___ RECORDS PROVIDED ___

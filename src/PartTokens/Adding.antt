-- ===== src/PartTokens/Adding.antt =====
-- core/part_token.go: sums of token values, and what the three splits of `GetTokens` add.
use rubixgoplatform.Prelude.{
  ℕ, ◌+◌, ◌*◌, ◌-◌, ◌≤◌, ◌<◌, ◌≡◌, List, [], ◌∷◌, ◌++◌, some, none, Bool, true, false, ◌==◌, leb,
  refl, inl, inr, sym, ◌∙◌, ap, arith, All, map, length, Bool-cases, Option-cases, some_eq, ==_iff,
}
use rubixgoplatform.Storage.Rows.{Table}
use rubixgoplatform.Storage.Effects.{
  ok, err, Error, Exec, raise, ◌>>◌, rescue, quietly, split_error,
}
use rubixgoplatform.Wallet.Token.{Token, key, with_status, token_is_locked}
use rubixgoplatform.Wallet.Tokens.{get_closer_token}
use rubixgoplatform.Wallet.Release.{release_token, release_tokens}
use rubixgoplatform.Wallet.Locking.{ok_eq, err≢ok}
use rubixgoplatform.Wallet.LockLoop.{locked}
use rubixgoplatform.PartTokens.{
  ChainWork, find_exact, fit_loop, create_part_token, add_part, split_closer, split_part,
  split_last,
}
use rubixgoplatform.PartTokens.Split.{total, after-ok, handled-ok, create_part_token-Splits}

pub total-append : (ts us : List Token) → total (ts ++ us) ≡ total ts + total us
total-append [] us = omega arith
total-append (t ∷ ts) us = omega (arith, total-append ts us)

pub no_value : {A : Type 0} {z : A} → none ≡ some z → ⊥
no_value e = cc

pub find_exact-value :
    (rem : ℕ) (ts : List Token) {z : Token × List Token}
    → find_exact rem ts ≡ some z
    → z.0.token_value ≡ rem
unfolding find_exact
find_exact-value rem [] {z} h = absurd (no_value h)
find_exact-value rem (t ∷ ts) {z} h = elim (Bool-cases (t.token_value == rem)) [
  | inl e ↦ ap (λ z. z.0.token_value) (some_eq (sym (rw e at h))) ∙ (==_iff t.token_value rem).0 e
  | inr e ↦ elim (Option-cases (find_exact rem ts)) [
    | inl missing ↦ absurd (no_value (rw (e, missing, find_exact) at h))
    | inr (y, found) ↦
        ap (λ z. z.0.token_value) (some_eq (sym (rw (e, found, find_exact) at h)))
        ∙ find_exact-value rem ts found
  ]
]

leb-fits : (m n : ℕ) → leb m n ≡ true → m ≤ n
leb-fits m n h = ground arith

pub above : (n : ℕ) → (n == 0) ≡ false → 0 < n
above n h = ground arith

-- What was taken and what is still to find make up what was to find.
pub fit_loop-total :
    (rem : ℕ) (ts : List Token) → total (fit_loop rem ts).0 + (fit_loop rem ts).1 ≡ rem
unfolding fit_loop
fit_loop-total rem [] = omega arith
fit_loop-total rem (t ∷ ts) = elim (Bool-cases (leb t.token_value rem)) [
  | inl fits ↦
      rw (fits, fit_loop)
        (omega (arith, fit_loop-total (rem - t.token_value) ts, leb-fits t.token_value rem fits))
  | inr over ↦ rw (over, fit_loop) (fit_loop-total rem ts)
]

pub total-whole :
    (P : Token → Type 0) (ts : List Token)
    → All P ts
    → ((t : Token) → P t → t.token_value ≡ 1000)
    → total (map locked ts) ≡ 1000 * length ts
total-whole P [] h value = refl
total-whole P (t ∷ ts) (ht, h) value = omega (arith, value t ht, total-whole P ts h value)

module _ (g : Table Token key) where
  add_part-total :
      (wt npt : List Token) (rem : ℕ) (rest : List ℕ) (d d' : g.Db) {ts : List Token}
      → map (λ t. t.token_value) npt ≡ rem ∷ rest
      → add_part g wt npt d ≡ (ok ts, d')
      → total ts ≡ total wt + rem
  unfolding add_part
  add_part-total wt [] rem rest d d' values h = absurd (err≢ok (ap (λ z. z.0) h))
  add_part-total wt (n ∷ npt) rem rest d d' {ts} values h =
      let is_rem : n.token_value ≡ rem = cc in
      ap total (ok_eq (sym (ap (λ z. z.0) h)))
      ∙ total-append wt (with_status token_is_locked n ∷ [])
      ∙ omega (arith, is_rem)

  module _ (dc : Bool) (w : ChainWork) (did : ℕ) where
    -- The step that the three splits share.
    split-total :
        (wt : List Token) (rem other token : ℕ) (f : Error → Exec g.Db (List Token)) (d d' : g.Db)
        {npt : List Token}
        → ((e : Error) (s : g.Db) → (e' : Error) × ((f e s).0 ≡ err e'))
        → rescue (create_part_token g dc w did token (rem ∷ other ∷ [])) f d ≡ (ok npt, d')
        → map (λ t. t.token_value) npt ≡ rem ∷ other ∷ []
    split-total wt rem other token f d d' never h =
        (create_part_token-Splits g dc w did token (rem ∷ other ∷ []) d d'
          (handled-ok (create_part_token g dc w did token (rem ∷ other ∷ []) d) f never h)).5

    pub split_closer-total :
        (wt : List Token) (rem : ℕ) (d d' : g.Db) {ts : List Token}
        → split_closer g dc w did wt rem d ≡ (ok ts, d')
        → total ts ≡ total wt + rem
    unfolding split_closer
    split_closer-total wt rem d d' {ts} h = elim (Bool-cases (leb 1000 rem)) [
      | inl large ↦ absurd (err≢ok (ap (λ z. z.0) (rw (large, split_closer) at h)))
      | inr small ↦
          let (t, d1, _, h1) =
            after-ok
              (rescue (get_closer_token g did rem) (λ e. quietly (release_tokens g wt) >> raise e)
                d)
              _ (rw (small, split_closer) at h) in
          let d2 = (release_token g t.token_id d1).1 in
          let (npt, d3, made, h2) =
            after-ok
              (rescue (create_part_token g dc w did t.token_id (rem ∷ (t.token_value - rem) ∷ []))
                (λ e. quietly (release_tokens g wt) >> raise e) d2)
              _ h1 in
          add_part-total wt npt rem ((t.token_value - rem) ∷ []) d3 d'
            (split-total wt rem (t.token_value - rem) t.token_id
              (λ e. quietly (release_tokens g wt) >> raise e) d2 d3 (λ e s. (e, refl)) made)
            h2
    ]

    pub split_part-total :
        (wt : List Token) (rem : ℕ) (t : Token) (rpt : List Token) (d d' : g.Db) {ts : List Token}
        → split_part g dc w did wt rem t rpt d ≡ (ok ts, d')
        → total ts ≡ total wt + rem
    unfolding split_part
    split_part-total wt rem t rpt d d' {ts} h =
        let d2 = (release_token g t.token_id d).1 in
        let f = λ (e : Error).
          quietly (release_tokens g wt) >> quietly (release_tokens g (t ∷ rpt)) >> raise e in
        let (npt, d3, made, h2) =
          after-ok
            (rescue (create_part_token g dc w did t.token_id (rem ∷ (t.token_value - rem) ∷ [])) f
              d2)
            _ h in
        add_part-total wt npt rem ((t.token_value - rem) ∷ []) (release_tokens g (t ∷ rpt) d3).1 d'
          (split-total wt rem (t.token_value - rem) t.token_id f d2 d3 (λ e s. (e, refl)) made) h2

    pub split_last-total :
        (wt : List Token) (rem : ℕ) (t : Token) (d d' : g.Db) {ts : List Token}
        → split_last g dc w did wt rem t d ≡ (ok ts, d')
        → total ts ≡ total wt + rem
    unfolding split_last
    split_last-total wt rem t d d' {ts} h =
        let d2 = (release_token g t.token_id d).1 in
        let f = λ (e : Error).
          quietly (release_tokens g wt)
          >> quietly (release_token g t.token_id)
          >> raise split_error in
        let (npt, d3, made, h2) =
          after-ok
            (rescue (create_part_token g dc w did t.token_id (rem ∷ (t.token_value - rem) ∷ [])) f
              d2)
            _ h in
        add_part-total wt npt rem ((t.token_value - rem) ∷ []) d3 d'
          (split-total wt rem (t.token_value - rem) t.token_id f d2 d3 (λ e s. (split_error, refl))
            made)
          h2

___

# WHAT IS NEEDED
Of the lines above, retype only those from the line containing "1000 * length ts" through the line containing "unfolding split_closer", including both, exactly.

# EXPECTED ANSWER
    → total (map locked ts) ≡ 1000 * length ts
total-whole P [] h value = refl
total-whole P (t ∷ ts) (ht, h) value = omega (arith, value t ht, total-whole P ts h value)

module _ (g : Table Token key) where
  add_part-total :
      (wt npt : List Token) (rem : ℕ) (rest : List ℕ) (d d' : g.Db) {ts : List Token}
      → map (λ t. t.token_value) npt ≡ rem ∷ rest
      → add_part g wt npt d ≡ (ok ts, d')
      → total ts ≡ total wt + rem
  unfolding add_part
  add_part-total wt [] rem rest d d' values h = absurd (err≢ok (ap (λ z. z.0) h))
  add_part-total wt (n ∷ npt) rem rest d d' {ts} values h =
      let is_rem : n.token_value ≡ rem = cc in
      ap total (ok_eq (sym (ap (λ z. z.0) h)))
      ∙ total-append wt (with_status token_is_locked n ∷ [])
      ∙ omega (arith, is_rem)

  module _ (dc : Bool) (w : ChainWork) (did : ℕ) where
    -- The step that the three splits share.
    split-total :
        (wt : List Token) (rem other token : ℕ) (f : Error → Exec g.Db (List Token)) (d d' : g.Db)
        {npt : List Token}
        → ((e : Error) (s : g.Db) → (e' : Error) × ((f e s).0 ≡ err e'))
        → rescue (create_part_token g dc w did token (rem ∷ other ∷ [])) f d ≡ (ok npt, d')
        → map (λ t. t.token_value) npt ≡ rem ∷ other ∷ []
    split-total wt rem other token f d d' never h =
        (create_part_token-Splits g dc w did token (rem ∷ other ∷ []) d d'
          (handled-ok (create_part_token g dc w did token (rem ∷ other ∷ []) d) f never h)).5

    pub split_closer-total :
        (wt : List Token) (rem : ℕ) (d d' : g.Db) {ts : List Token}
        → split_closer g dc w did wt rem d ≡ (ok ts, d')
        → total ts ≡ total wt + rem
    unfolding split_closer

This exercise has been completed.